Soy de una incoherencia bárbara. Me hago el purista, pero de vez en cuando caigo en alguna de esas películas hechas por los norteamericanos para ser distribuidas por todos los rincones del planeta. En esos casos, si aguanto mínimamente y sigo la trama, aunque incómodo por sentir cómo me manipulan, noto que me podría emocionar hasta en los momentos que han trabajado para que me emocione. Suerte que estoy ojo avizor y cierro el paso a cualquier asomo de debilidad en ese sentido.
Me ocurrió hace poco en una visión televisiva, a la hora de la siesta, de Capitán Phillips (2013) que, pese a estar realizada por Paul Greengrass, debe seguro entrar a formar parte de esos poderosos blockbusters que fabrican las majors. En ella te hacen seguir la acción con el alma en vilo (adiós a las cabezadas), facilitándote tu identificación con el capitán y el resto de tripulantes de un enorme carguero norteamericano que surca las aguas del Índico cuando, de repente, se ven abordados por cuatro famélicos y descerebrados piratas somalíes.

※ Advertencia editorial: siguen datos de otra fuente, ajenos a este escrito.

-- ===== src/Cli/Oob/Words.antt =====
-- `OOB_WORDS` of crates/syauth-cli/src/oob.rs, as UTF-8.
use Prim.Native.Char.{code}
use Prim.Native.String.{String}
use syauth.Base.{ℕ, ◌+◌, ◌/◌, ◌%◌, Text, List, [], ◌∷◌, ◌++◌, ltb, if◌then◌else◌}

-- The UTF-8 bytes of one code point.
abbrev pub encode_utf8 : ℕ → Text
encode_utf8 c =
    if ltb c 128
    then c ∷ []
    else if ltb c 2048
    then (192 + c / 64) ∷ (128 + c % 64) ∷ []
    else if ltb c 65536
    then (224 + c / 4096) ∷ (128 + c / 64 % 64) ∷ (128 + c % 64) ∷ []
    else (240 + c / 262144) ∷ (128 + c / 4096 % 64) ∷ (128 + c / 64 % 64) ∷ (128 + c % 64) ∷ []

abbrev pub utf8 : String → Text
utf8 String.[] = []
utf8 (String.◌∷◌ c s) = encode_utf8 (code c) ++ utf8 s

-- The variation selector U+FE0F.
abbrev emoji_style : Text
emoji_style = encode_utf8 0xfe0f

unfoldable pub oob_words : List Text
oob_words =
    utf8 "🍎 apple"
    ∷ utf8 "🐝 bee"
    ∷ utf8 "🎯 dart"
    ∷ utf8 "🌍 earth"
    ∷ utf8 "🔥 fire"
    ∷ utf8 "🍇 grape"
    ∷ utf8 "🏠 home"
    ∷ utf8 "🧊 ice"
    ∷ utf8 "🪀 jojo"
    ∷ utf8 "🪁 kite"
    ∷ utf8 "🦁 lion"
    ∷ utf8 "🌙 moon"
    ∷ utf8 "🌰 nut"
    ∷ utf8 "🐙 octo"
    ∷ utf8 "🥞 pancake"
    ∷ utf8 "🪨 quartz"
    ∷ utf8 "🌹 rose"
    ∷ utf8 "⭐ star"
    ∷ utf8 "🌳 tree"
    ∷ (utf8 "☂" ++ (emoji_style ++ utf8 " umbrella"))
    ∷ utf8 "🎻 violin"
    ∷ utf8 "🌊 wave"
    ∷ utf8 "🦓 zebra"
    ∷ utf8 "🍌 banana"
    ∷ utf8 "🌵 cactus"
    ∷ utf8 "🐬 dolphin"
    ∷ utf8 "🌽 ear"
    ∷ utf8 "🍂 fern"
    ∷ utf8 "🎁 gift"
    ∷ utf8 "🪖 helmet"
    ∷ utf8 "🦔 iguana"
    ∷ utf8 "💎 jewel"
    ∷ utf8 "🔑 key"
    ∷ utf8 "🍋 lemon"
    ∷ utf8 "🥭 mango"
    ∷ utf8 "🌮 taco"
    ∷ utf8 "🦉 owl"
    ∷ utf8 "🥧 pie"
    ∷ utf8 "👑 crown"
    ∷ utf8 "🐇 rabbit"
    ∷ utf8 "🧂 salt"
    ∷ utf8 "🍅 tomato"
    ∷ utf8 "🦄 unicorn"
    ∷ utf8 "🚐 van"
    ∷ utf8 "🌷 wattle"
    ∷ utf8 "🎷 sax"
    ∷ utf8 "🍪 cookie"
    ∷ utf8 "🎨 art"
    ∷ utf8 "🦋 butterfly"
    ∷ utf8 "🐈 cat"
    ∷ utf8 "🐶 dog"
    ∷ utf8 "🐘 elephant"
    ∷ utf8 "🦊 fox"
    ∷ utf8 "🐐 goat"
    ∷ utf8 "🐹 hamster"
    ∷ utf8 "🦔 ivy"
    ∷ utf8 "🪼 jelly"
    ∷ utf8 "🐨 koala"
    ∷ utf8 "🦙 llama"
    ∷ utf8 "🐭 mouse"
    ∷ utf8 "🦢 swan"
    ∷ utf8 "🐂 ox"
    ∷ utf8 "🐧 penguin"
    ∷ utf8 "🐤 chick"
    ∷ utf8 "🐦 robin"
    ∷ utf8 "🐍 snake"
    ∷ utf8 "🐢 turtle"
    ∷ utf8 "🦦 otter"
    ∷ utf8 "🐅 tiger"
    ∷ utf8 "🦅 eagle"
    ∷ utf8 "🐋 whale"
    ∷ utf8 "🦈 shark"
    ∷ utf8 "🦒 giraffe"
    ∷ utf8 "🐊 croc"
    ∷ utf8 "🐡 puffer"
    ∷ utf8 "🦜 parrot"
    ∷ utf8 "🐓 hen"
    ∷ utf8 "🦛 hippo"
    ∷ utf8 "🐎 horse"
    ∷ utf8 "🐃 buffalo"
    ∷ utf8 "🌻 sunflower"
    ∷ utf8 "🍄 mushroom"
    ∷ (utf8 "🌶" ++ (emoji_style ++ utf8 " chili"))
    ∷ utf8 "🥑 avocado"
    ∷ utf8 "🥦 broccoli"
    ∷ utf8 "🥒 cucumber"
    ∷ utf8 "🌽 corn"
    ∷ utf8 "🥔 potato"
    ∷ utf8 "🍆 eggplant"
    ∷ utf8 "🥕 carrot"
    ∷ utf8 "🌰 acorn"
    ∷ utf8 "🥥 coconut"
    ∷ utf8 "🍒 cherry"
    ∷ utf8 "🍓 strawberry"
    ∷ utf8 "🍑 peach"
    ∷ utf8 "🍐 pear"
    ∷ utf8 "🍊 orange"
    ∷ utf8 "🍉 melon"
    ∷ utf8 "🥝 kiwi"
    ∷ utf8 "🍍 pineapple"
    ∷ utf8 "🥭 papaya"
    ∷ utf8 "🫐 berry"
    ∷ utf8 "🥕 root"
    ∷ utf8 "🥯 bagel"
    ∷ utf8 "🥖 baguette"
    ∷ utf8 "🥨 pretzel"
    ∷ utf8 "🥐 croissant"
    ∷ utf8 "🍞 bread"
    ∷ utf8 "🧀 cheese"
    ∷ utf8 "🥚 egg"
    ∷ utf8 "🍗 drumstick"
    ∷ utf8 "🥩 steak"
    ∷ utf8 "🌭 hotdog"
    ∷ utf8 "🍔 burger"
    ∷ utf8 "🍟 fries"
    ∷ utf8 "🍕 pizza"
    ∷ utf8 "🥪 sub"
    ∷ utf8 "🌯 wrap"
    ∷ utf8 "🥙 falafel"
    ∷ utf8 "🍣 sushi"
    ∷ utf8 "🍦 sundae"
    ∷ utf8 "🍧 sorbet"
    ∷ utf8 "🍨 gelato"
    ∷ utf8 "🍫 choco"
    ∷ utf8 "🍬 candy"
    ∷ utf8 "🍮 flan"
    ∷ utf8 "🍡 dango"
    ∷ utf8 "🧁 cupcake"
    ∷ utf8 "☕ coffee"
    ∷ utf8 "🍵 tea"
    ∷ utf8 "🍶 sake"
    ∷ utf8 "🍾 bubbly"
    ∷ utf8 "🍷 wine"
    ∷ utf8 "🍸 martini"
    ∷ utf8 "🍹 mojito"
    ∷ utf8 "🍺 beer"
    ∷ utf8 "🪐 saturn"
    ∷ utf8 "🌟 nova"
    ∷ utf8 "🪨 boulder"
    ∷ (utf8 "🏔" ++ (emoji_style ++ utf8 " peak"))
    ∷ (utf8 "🏕" ++ (emoji_style ++ utf8 " camp"))
    ∷ (utf8 "🏖" ++ (emoji_style ++ utf8 " beach"))
    ∷ (utf8 "🏜" ++ (emoji_style ++ utf8 " dune"))
    ∷ (utf8 "🏝" ++ (emoji_style ++ utf8 " atoll"))
    ∷ (utf8 "⛰" ++ (emoji_style ++ utf8 " mount"))
    ∷ utf8 "🌋 volcano"
    ∷ (utf8 "🛤" ++ (emoji_style ++ utf8 " rail"))
    ∷ (utf8 "🛣" ++ (emoji_style ++ utf8 " road"))
    ∷ utf8 "🌉 bridge"
    ∷ (utf8 "🏞" ++ (emoji_style ++ utf8 " park"))
    ∷ (utf8 "🏟" ++ (emoji_style ++ utf8 " stadium"))
    ∷ (utf8 "🏛" ++ (emoji_style ++ utf8 " forum"))
    ∷ (utf8 "🏗" ++ (emoji_style ++ utf8 " crane"))
    ∷ utf8 "🧱 brick"
    ∷ (utf8 "🏘" ++ (emoji_style ++ utf8 " homes"))
    ∷ (utf8 "🏚" ++ (emoji_style ++ utf8 " shack"))
    ∷ utf8 "🏤 post"
    ∷ utf8 "🏥 clinic"
    ∷ utf8 "🏦 bank"
    ∷ utf8 "🏨 hotel"
    ∷ utf8 "🏩 inn"
    ∷ utf8 "🏪 store"
    ∷ utf8 "🏫 school"
    ∷ utf8 "🏬 mall"
    ∷ utf8 "🏭 plant"
    ∷ utf8 "🏯 keep"
    ∷ utf8 "🏰 castle"
    ∷ utf8 "🗼 tower"
    ∷ utf8 "🗽 statue"
    ∷ (utf8 "⛩" ++ (emoji_style ++ utf8 " shrine"))
    ∷ utf8 "🕌 dome"
    ∷ utf8 "🕍 hall"
    ∷ utf8 "⛪ chapel"
    ∷ utf8 "🛕 temple"
    ∷ utf8 "🕋 cube"
    ∷ utf8 "⛲ fountain"
    ∷ utf8 "⛺ tent"
    ∷ utf8 "🌁 mist"
    ∷ utf8 "🌃 night"
    ∷ utf8 "🌄 dawn"
    ∷ utf8 "🌅 sunrise"
    ∷ utf8 "🌆 dusk"
    ∷ utf8 "🌇 sunset"
    ∷ utf8 "🌌 galaxy"
    ∷ utf8 "🎠 carousel"
    ∷ utf8 "🎡 wheel"
    ∷ utf8 "🎢 coaster"
    ∷ utf8 "💈 barber"
    ∷ utf8 "🎪 circus"
    ∷ utf8 "🧳 trunk"
    ∷ utf8 "🚀 rocket"
    ∷ utf8 "🛸 saucer"
    ∷ (utf8 "✈" ++ (emoji_style ++ utf8 " jet"))
    ∷ utf8 "🚁 chopper"
    ∷ utf8 "🛶 canoe"
    ∷ utf8 "⛵ yacht"
    ∷ utf8 "🚤 boat"
    ∷ (utf8 "🛳" ++ (emoji_style ++ utf8 " liner"))
    ∷ (utf8 "⛴" ++ (emoji_style ++ utf8 " ferry"))
    ∷ (utf8 "🛥" ++ (emoji_style ++ utf8 " cruiser"))
    ∷ utf8 "🚂 train"
    ∷ utf8 "🚃 car"
    ∷ utf8 "🚄 bullet"
    ∷ utf8 "🚅 tgv"
    ∷ utf8 "🚆 metro"
    ∷ utf8 "🚇 subway"
    ∷ utf8 "🚈 light"
    ∷ utf8 "🚉 station"
    ∷ utf8 "🚊 tram"
    ∷ utf8 "🚝 mono"
    ∷ utf8 "🚞 mountain"
    ∷ utf8 "🚋 cable"
    ∷ utf8 "🚌 bus"
    ∷ utf8 "🚍 coach"
    ∷ utf8 "🚎 trolley"
    ∷ utf8 "🚏 stop"
    ∷ utf8 "🚐 mini"
    ∷ utf8 "🚑 amb"
    ∷ utf8 "🚒 fire"
    ∷ utf8 "🚓 cop"
    ∷ utf8 "🚔 cruiser"
    ∷ utf8 "🚕 taxi"
    ∷ utf8 "🚖 cab"
    ∷ utf8 "🚗 sedan"
    ∷ utf8 "🚘 motor"
    ∷ utf8 "🚙 suv"
    ∷ utf8 "🚚 truck"
    ∷ utf8 "🚛 rig"
    ∷ utf8 "🚜 tractor"
    ∷ (utf8 "🏍" ++ (emoji_style ++ utf8 " bike"))
    ∷ utf8 "🛵 scoot"
    ∷ utf8 "🚲 cycle"
    ∷ utf8 "🛴 kick"
    ∷ utf8 "🛹 board"
    ∷ utf8 "🛼 skate"
    ∷ utf8 "🦽 wheel"
    ∷ utf8 "🦼 chair"
    ∷ utf8 "🚨 siren"
    ∷ utf8 "🚧 cone"
    ∷ utf8 "🚥 light"
    ∷ utf8 "🪜 ladder"
    ∷ utf8 "🪞 mirror"
    ∷ utf8 "🪟 window"
    ∷ utf8 "🪠 plunger"
    ∷ utf8 "🪣 bucket"
    ∷ utf8 "🪤 trap"
    ∷ utf8 "🪥 brush"
    ∷ utf8 "🪦 stone"
    ∷ utf8 "🧴 lotion"
    ∷ utf8 "🧵 thread"
    ∷ utf8 "🧶 yarn"
    ∷ utf8 "🧷 pin"
    ∷ utf8 "🧸 teddy"
    ∷ utf8 "🧹 broom"
    ∷ utf8 "🧺 basket"
    ∷ utf8 "🧼 soap"
    ∷ []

Para que esa identificación funcione a la perfección y no haya forma de frenarla, el barco lleva un más que honesto material humanitario para los pobres africanos, todos sus tripulantes son bellísimas personas superadas por las circunstancias y su capitán, cuya peripecia se sigue más tarde con precisión, es nada menos que Tom Hanks. Ni qué decir tiene que el comportamiento del capitán es no sólo absolutamente heroico, sino también de lo más humano: se muestra preocupado por las vidas de su tripulación, pero también por las de esos desgraciados somalíes. Hacia el final, los guionistas llevan al capitán Philips, ya todo intentado, a llorar amargamente, gritando lo mucho que quiere a su mujer y a sus hijos, a tantas millas marinas de su desesperación. Ese es el esforzado momento que los hacedores de la película han preparado para provocar una catarsis y que todos los espectadores suelten una lagrimilla, compungidos.
Los mecanismos pseudocinematográficos son tan rupestres como ese. Y para perfeccionar el mecanismo, no hay nada tan oportuno, en general, como la música. De ahí la saturación musical en este tipo de películas y series televisivas, reforzando el mensaje. Lo que pasa es que, de tanta redundancia, los fabricantes actuales de estas piezas acaban ahuyentando a cierto público, entre el que me encuentro.
Eso no quiere decir que sea inmune a la música y no reaccione con la emoción que buscan cuando la insertan (en las dosis y con la pericia adecuada) en la banda sonora de una película. Así surge -por fin, pues he retrocedido quizás demasiado con la intención de coger carrerilla- el principal motivo de este “Casi lloré”, que no es otro que mencionar cómo siempre estoy a punto de llorar a moco tendido con la visión de una escena de una de las películas más populares de François Truffaut, La noche americana (1973). Concretamente aquella en que, después de varios intentos fallidos, se ve cómo la compleja escena del rodaje en el decorado de la plaza requiere de la acción de multitud de extras perfectamente sincronizados. Me embriaga ver cómo, a pesar de su dificultad, todo al final sale bien. En ese preciso momento la épica música de Georges Delerue se alza casi tanto como la enorme grúa que nos permite ver que todo es un decorado. La sensación de oxigenación profunda, liberadora, pero al tiempo de lo más emocionante, nos invade como espectadores.
Lo recuerdo siempre al poner el disco. Claro que si escucho después el de 14 juillet (René Clair, 1933, con música de Maurice Jaubert), que tengo justo al lado, y suena eso de “À Paris, dans chaque faubourg”, me entra de nuevo la llorera. Como me pasa si oigo Time after time y, especialmente, la versión que de ella hizo hacia el final de su trayectoria Miles Davis. Será la música, que te lleva por caminos muy íntimos.